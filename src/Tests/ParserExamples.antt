-- ===== src/Tests/ParserExamples.antt =====
-- src/parser/parser.c and sax.c: their theorems at concrete inputs.
use jsonv.Base.{ℕ, suc, ◌≡◌, ◌≢◌, ◌⊎◌, refl, true, none, some, List, [], ◌∷◌}
use jsonv.Token.{Bytes, TokenType, eof, number, bracket_open, bracket_close}
use jsonv.Lexer.Cursor.{Lexer}
use jsonv.Lexer.{lexer_init, bare_token}
use jsonv.HashSet.{HashSet}
use jsonv.HashSet.Members.{IsHashSet}
use jsonv.HashSet.Inserts.{cleared, cleared-IsHashSet}
use jsonv.Ast.{KeyPool, key_tree_init}
use jsonv.Parser.Build.{same_type}
use jsonv.Parser.Grammar.{Value, leaf_value, full_array, last_element}
use jsonv.Parser.Tokens.{Feed, ended, token}
use jsonv.Parser.Accepts.{parse_ast-accepts}
use jsonv.Parser.Sound.{parse_ast-sound}
use jsonv.Parser.Decides.{Decided, parse_ast-decides}
use jsonv.Parser.Fuel.{parse_ast_total}
use jsonv.Parser.Scopes.{parse_ast-outcome}
use jsonv.Parser.{
  State, parsed, raised, is_leaf, malformed_json, maximum_nested_depth_reached, out_of_fuel,
  parse_ast,
}
use jsonv.Sax.{Callbacks, SaxParser, Outcome, accepted, exhausted, jsonv_parse_sax}
use jsonv.Sax
use jsonv.Sax.Sound.{jsonv_parse_sax-sound}
use jsonv.Sax.Fuel.{jsonv_parse_sax_total}
use jsonv.Tests.LexerRuns.{codes, lexer_code}

abbrev an_array : Bytes
an_array = codes "[1]"

abbrev array_lexer : Lexer
array_lexer = lexer_init an_array

abbrev array_types : List TokenType
array_types = bracket_open ∷ number ∷ bracket_close ∷ []

array_feed : Feed array_lexer array_types
unfolding lexer_code
array_feed = token refl (λ e. cc) (token refl (λ e. cc) (token refl (λ e. cc) (ended refl)))

array_value : Value 64 array_types
unfolding is_leaf same_type
array_value = full_array (last_element (leaf_value refl refl)) refl

abbrev some_keys : HashSet
some_keys = cleared 8

abbrev some_pool : KeyPool
some_pool = key_tree_init 8

array_run : (t : State) × (parse_ast array_lexer some_keys some_pool ≡ parsed t)
array_run = parse_ast-accepts array_lexer some_keys some_pool array_types array_feed array_value

parse_ast-accepts_example : (t : State) × (parse_ast array_lexer some_keys some_pool ≡ parsed t)
parse_ast-accepts_example =
    parse_ast-accepts array_lexer some_keys some_pool array_types array_feed array_value

parse_ast-sound_example : Value 64 array_types
parse_ast-sound_example =
    parse_ast-sound array_lexer some_keys some_pool array_types array_feed array_run.1

parse_ast-decides_example :
    (ts : List TokenType) × Feed array_lexer ts × Decided array_lexer some_keys some_pool ts
parse_ast-decides_example = parse_ast-decides array_lexer some_keys some_pool

parse_ast_total_example : parse_ast array_lexer some_keys some_pool ≢ raised out_of_fuel
parse_ast_total_example = parse_ast_total array_lexer some_keys some_pool

keys_IsHashSet : IsHashSet some_keys
keys_IsHashSet = (cleared-IsHashSet 8).0

parse_ast-outcome_example :
    ((t : State) × (parse_ast array_lexer some_keys some_pool ≡ parsed t)
      × IsHashSet t.builder.keys)
    ⊎ ((parse_ast array_lexer some_keys some_pool ≡ raised malformed_json)
        ⊎ (parse_ast array_lexer some_keys some_pool ≡ raised maximum_nested_depth_reached))
parse_ast-outcome_example = parse_ast-outcome array_lexer some_keys some_pool keys_IsHashSet

-- Callbacks that count the numbers.
abbrev count_numbers : Callbacks ℕ
count_numbers = record {
  on_begin_object = none;
  on_end_object = none;
  on_begin_array = none;
  on_end_array = none;
  on_object_key = none;
  on_string = none;
  on_number = some (λ text n. (true, suc n));
  on_boolean = none;
  on_null = none;
}

abbrev array_end : SaxParser ℕ
array_end = record {
  lexer = record { rest = []; current_pos = 3 };
  current_tok = bare_token eof;
  token_start = [];
  token_len = 0;
  user_data = 1;
}

array_events : jsonv_parse_sax an_array count_numbers 0 ≡ accepted array_end
unfolding lexer_code same_type jsonv_parse_sax Sax.sax_parse_value Sax.sax_parse_array
    Sax.sax_elements Sax.sax_scalar Sax.separator Sax.sax_advance Sax.sax_next_token Sax.sax_end
    Sax.sax_fuel
array_events = refl

jsonv_parse_sax-sound_example : Value 65 array_types
jsonv_parse_sax-sound_example =
    jsonv_parse_sax-sound an_array count_numbers 0 array_types array_feed array_events

jsonv_parse_sax_total_example : jsonv_parse_sax an_array count_numbers 0 ≢ exhausted
jsonv_parse_sax_total_example = jsonv_parse_sax_total an_array count_numbers 0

• About this exercise
Retype the entries above exactly as they appear.

• Written response
filename src/Tests/ParserExamples.antt
-- ===== src/Tests/ParserExamples.antt =====
-- src/parser/parser.c and sax.c: their theorems at concrete inputs.
use jsonv.Base.{ℕ, suc, ◌≡◌, ◌≢◌, ◌⊎◌, refl, true, none, some, List, [], ◌∷◌}
use jsonv.Token.{Bytes, TokenType, eof, number, bracket_open, bracket_close}
use jsonv.Lexer.Cursor.{Lexer}
use jsonv.Lexer.{lexer_init, bare_token}
use jsonv.HashSet.{HashSet}
use jsonv.HashSet.Members.{IsHashSet}
use jsonv.HashSet.Inserts.{cleared, cleared-IsHashSet}
use jsonv.Ast.{KeyPool, key_tree_init}
use jsonv.Parser.Build.{same_type}
use jsonv.Parser.Grammar.{Value, leaf_value, full_array, last_element}
use jsonv.Parser.Tokens.{Feed, ended, token}
use jsonv.Parser.Accepts.{parse_ast-accepts}
use jsonv.Parser.Sound.{parse_ast-sound}
use jsonv.Parser.Decides.{Decided, parse_ast-decides}
use jsonv.Parser.Fuel.{parse_ast_total}
use jsonv.Parser.Scopes.{parse_ast-outcome}
use jsonv.Parser.{
  State, parsed, raised, is_leaf, malformed_json, maximum_nested_depth_reached, out_of_fuel,
  parse_ast,
}
use jsonv.Sax.{Callbacks, SaxParser, Outcome, accepted, exhausted, jsonv_parse_sax}
use jsonv.Sax
use jsonv.Sax.Sound.{jsonv_parse_sax-sound}
use jsonv.Sax.Fuel.{jsonv_parse_sax_total}
use jsonv.Tests.LexerRuns.{codes, lexer_code}

abbrev an_array : Bytes
an_array = codes "[1]"

abbrev array_lexer : Lexer
array_lexer = lexer_init an_array

abbrev array_types : List TokenType
array_types = bracket_open ∷ number ∷ bracket_close ∷ []

array_feed : Feed array_lexer array_types
unfolding lexer_code
array_feed = token refl (λ e. cc) (token refl (λ e. cc) (token refl (λ e. cc) (ended refl)))

array_value : Value 64 array_types
unfolding is_leaf same_type
array_value = full_array (last_element (leaf_value refl refl)) refl

abbrev some_keys : HashSet
some_keys = cleared 8

abbrev some_pool : KeyPool
some_pool = key_tree_init 8

array_run : (t : State) × (parse_ast array_lexer some_keys some_pool ≡ parsed t)
array_run = parse_ast-accepts array_lexer some_keys some_pool array_types array_feed array_value

parse_ast-accepts_example : (t : State) × (parse_ast array_lexer some_keys some_pool ≡ parsed t)
parse_ast-accepts_example =
    parse_ast-accepts array_lexer some_keys some_pool array_types array_feed array_value

parse_ast-sound_example : Value 64 array_types
parse_ast-sound_example =
    parse_ast-sound array_lexer some_keys some_pool array_types array_feed array_run.1

parse_ast-decides_example :
    (ts : List TokenType) × Feed array_lexer ts × Decided array_lexer some_keys some_pool ts
parse_ast-decides_example = parse_ast-decides array_lexer some_keys some_pool

parse_ast_total_example : parse_ast array_lexer some_keys some_pool ≢ raised out_of_fuel
parse_ast_total_example = parse_ast_total array_lexer some_keys some_pool

keys_IsHashSet : IsHashSet some_keys
keys_IsHashSet = (cleared-IsHashSet 8).0

parse_ast-outcome_example :
    ((t : State) × (parse_ast array_lexer some_keys some_pool ≡ parsed t)
      × IsHashSet t.builder.keys)
    ⊎ ((parse_ast array_lexer some_keys some_pool ≡ raised malformed_json)
        ⊎ (parse_ast array_lexer some_keys some_pool ≡ raised maximum_nested_depth_reached))
parse_ast-outcome_example = parse_ast-outcome array_lexer some_keys some_pool keys_IsHashSet

-- Callbacks that count the numbers.
abbrev count_numbers : Callbacks ℕ
count_numbers = record {
  on_begin_object = none;
  on_end_object = none;
  on_begin_array = none;
  on_end_array = none;
  on_object_key = none;
  on_string = none;
  on_number = some (λ text n. (true, suc n));
  on_boolean = none;
  on_null = none;
}

abbrev array_end : SaxParser ℕ
array_end = record {
  lexer = record { rest = []; current_pos = 3 };
  current_tok = bare_token eof;
  token_start = [];
  token_len = 0;
  user_data = 1;
}

array_events : jsonv_parse_sax an_array count_numbers 0 ≡ accepted array_end
unfolding lexer_code same_type jsonv_parse_sax Sax.sax_parse_value Sax.sax_parse_array
    Sax.sax_elements Sax.sax_scalar Sax.separator Sax.sax_advance Sax.sax_next_token Sax.sax_end
    Sax.sax_fuel
array_events = refl

jsonv_parse_sax-sound_example : Value 65 array_types
jsonv_parse_sax-sound_example =
    jsonv_parse_sax-sound an_array count_numbers 0 array_types array_feed array_events

jsonv_parse_sax_total_example : jsonv_parse_sax an_array count_numbers 0 ≢ exhausted
jsonv_parse_sax_total_example = jsonv_parse_sax_total an_array count_numbers 0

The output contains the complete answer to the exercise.